The endoscope has some unique uses under special circumstances during aneurysm surgery. It helps in visualizing the origin of the superior hypophyseal arteries and branches of the internal carotid artery directed toward the pituitary stalk as well as the medial aspect of the distal dural ring. A 2.7-mm endoscope especially provides space for dissection and ensures significantly lesser tissue damage. Perforating branches arising from both the medial and the lateral aspects of the carotid and posterior communicating arteries may be followed distally from their origin with the use of the 30- and 45-degree endoscopes. The premamillary artery, the anterior choroidal artery, and the small arteries entering the anterior perforated substance, the lamina terminalis, the chiasm, and the hypothalamus may be visualized. The anterior infracallosal area harboring the A1 and A2 segments as well as the recurrent artery of Huebner, and the perforating arteries directed posteriorly from the anterior communicating artery and the M1 segment of the middle cerebral artery, may be visualized. However, the endoscope offers no additional advantage while clipping a middle cerebral artery bifurcation aneurysm. The ability of the endoscope to visualize the vessels from all the sides and from several directions ensures that the fundus of the aneurysm is not unnecessarily manipulated and retracted to visualize the blood vessels on its other side to ensure that they are not coming in the clip. The duration of temporary clipping is also reduced. Following clipping of an aneurysm using a microscope, visualization of the clip position using an endoscope has led to the modification of the final clip position in 7%–20% of cases on discovering either the entrapment of perforators within the blades of the clip or the presence of incomplete clipping of the aneurysm. The microscopic and endoscopic images may be observed simultaneously in the "picture-in-picture format" to provide a better visualization of the operative field. An endoscopic indocyanine green (ICG) angiography is visualized for a tenfold longer duration and gives a more intense illumination than an ICG angiography performed using a microscope.
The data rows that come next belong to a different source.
-- ===== src/Examples.antt =====
-- The theorems at concrete inputs.
mod Setting
mod Runs
mod Views
mod Handlers
mod Replicas
mod Devices
mod ToyKeys
mod Clusters
mod Starting
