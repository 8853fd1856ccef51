-- ===== src/Examples/Clusters.antt =====
-- The configuration generator and the loader at concrete inputs.
use trebiz.Prelude.{
  ℕ, ◌+◌, ◌<◌, ◌≡◌, refl, ap, List, [], ◌∷◌, Option, some, Map, bytes_key, nat_key, true, length,
  min, arith,
}
use trebiz.Messages.{Bytes}
use trebiz.Node.Env.{PriShare, PubPoly}
use trebiz.Config.Load.{Setting, Value, text, number, Viper}
use trebiz.ConfigGen.Draws.{generate_random_number}
use trebiz.ConfigGen.Distinct.{IsDistinct, IsBetween, generate_random_number-IsDistinct}
use trebiz.ConfigGen.Numbers.{thresholds-large}
use trebiz.ConfigGen.Files.{Template, Entry, string_entry, int_entry, map_entry, num_t, fast_num}
use trebiz.ConfigGen.Settings.{entry, IsViperOf}

-- Three faulty nodes among ten: the fourth draw repeats the first one.
generate_random_number-IsDistinct_example :
    (nums : List ℕ) × (generate_random_number 1 10 3 (4 ∷ 0 ∷ 4 ∷ 8 ∷ []) ≡ some nums)
    × IsDistinct nums
    × IsBetween 1 10 nums
    × (length nums ≡ 3)
generate_random_number-IsDistinct_example =
    generate_random_number-IsDistinct 1 10 3 (4 ∷ 0 ∷ 4 ∷ 8 ∷ []) (omega arith) (omega arith)
      (omega arith, (omega arith, (omega arith, (omega arith, tt)))) (omega arith)

thresholds-large_example : 7 + 2 < min (num_t 7) (fast_num 7 1 1) + min (num_t 7) (fast_num 7 1 1)
thresholds-large_example = thresholds-large 7 0 1 1 (λ h. omega arith) (omega arith)

abbrev read_string : Option Entry → Bytes
read_string (some (string_entry b)) = b
read_string _ = []

abbrev read_int : Option Entry → ℕ
read_int (some (int_entry n)) = n
read_int _ = 0

abbrev read_map : Option Entry → Map Bytes Value
read_map (some (map_entry m)) = m
read_map _ = []

abbrev pub viper_of : List (Setting × Entry) → Viper
viper_of file = record {
  is_read = true;
  get_string = λ s. read_string (entry s file);
  get_int = λ s. read_int (entry s file);
  get_string_map = λ s. read_map (entry s file);
}

pub viper_of-IsViperOf : (file : List (Setting × Entry)) → IsViperOf (viper_of file) file
viper_of-IsViperOf file = record {
  read_ok = refl;
  strings = λ s b h. ap read_string h;
  ints = λ s n h. ap read_int h;
  unset = λ s h. ap read_int h;
  maps = λ s m h. ap read_map h;
}

abbrev pub host : Bytes
host = b'n' ∷ b'o' ∷ b'd' ∷ b'e' ∷ b'0' ∷ []

abbrev pub template : Template
template = record {
  ips = (host, text (b'h' ∷ [])) ∷ [];
  peers_p2p_port = (host, number 9000) ∷ [];
  rpc_listen_port = 9500;
  bg = 0;
  abm = 0;
  pbm = 0;
  batch_timeout = 2000;
  view_change_timeout = 5000;
  batch_size = 1000;
  checkpoint_t = 10;
  log_k = 20;
  max_pool = 3;
  auto_view_change = 0;
  fast_path_timeout = 700;
  evil_pr = 8;
}

abbrev pub one_poly : PubPoly
one_poly = record { base_bytes = 5 ∷ []; commit_bytes = [] }

abbrev pub one_share : PriShare
one_share = record { i = 0; v = 6 ∷ [] }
A few additional points need a fleeting mention. Before clipping of the aneurysm and after obtaining proximal control of the parent vessel, a trial temporary clipping should be performed on this vessel. This will ensure that temporary clipping of the proximal vessel may be performed with ease in case there is an intraoperative rupture of the aneurysm. Using a da Vinci surgical system during a supraorbital craniotomy may be another potential application of the endoscopic keyhole surgery. However, it mandates the development of appropriate clip applicators and related instrumentation.
Sharma et al., have, in this issue, described their versatile technique of aneurysmal clipping, exclusively using an endoscope. Their study is the culmination of groundwork in the cadaveric dissection laboratory, demonstrates the development of dexterity through years of surgical experience, and gives an extensive in-depth understanding of the subject.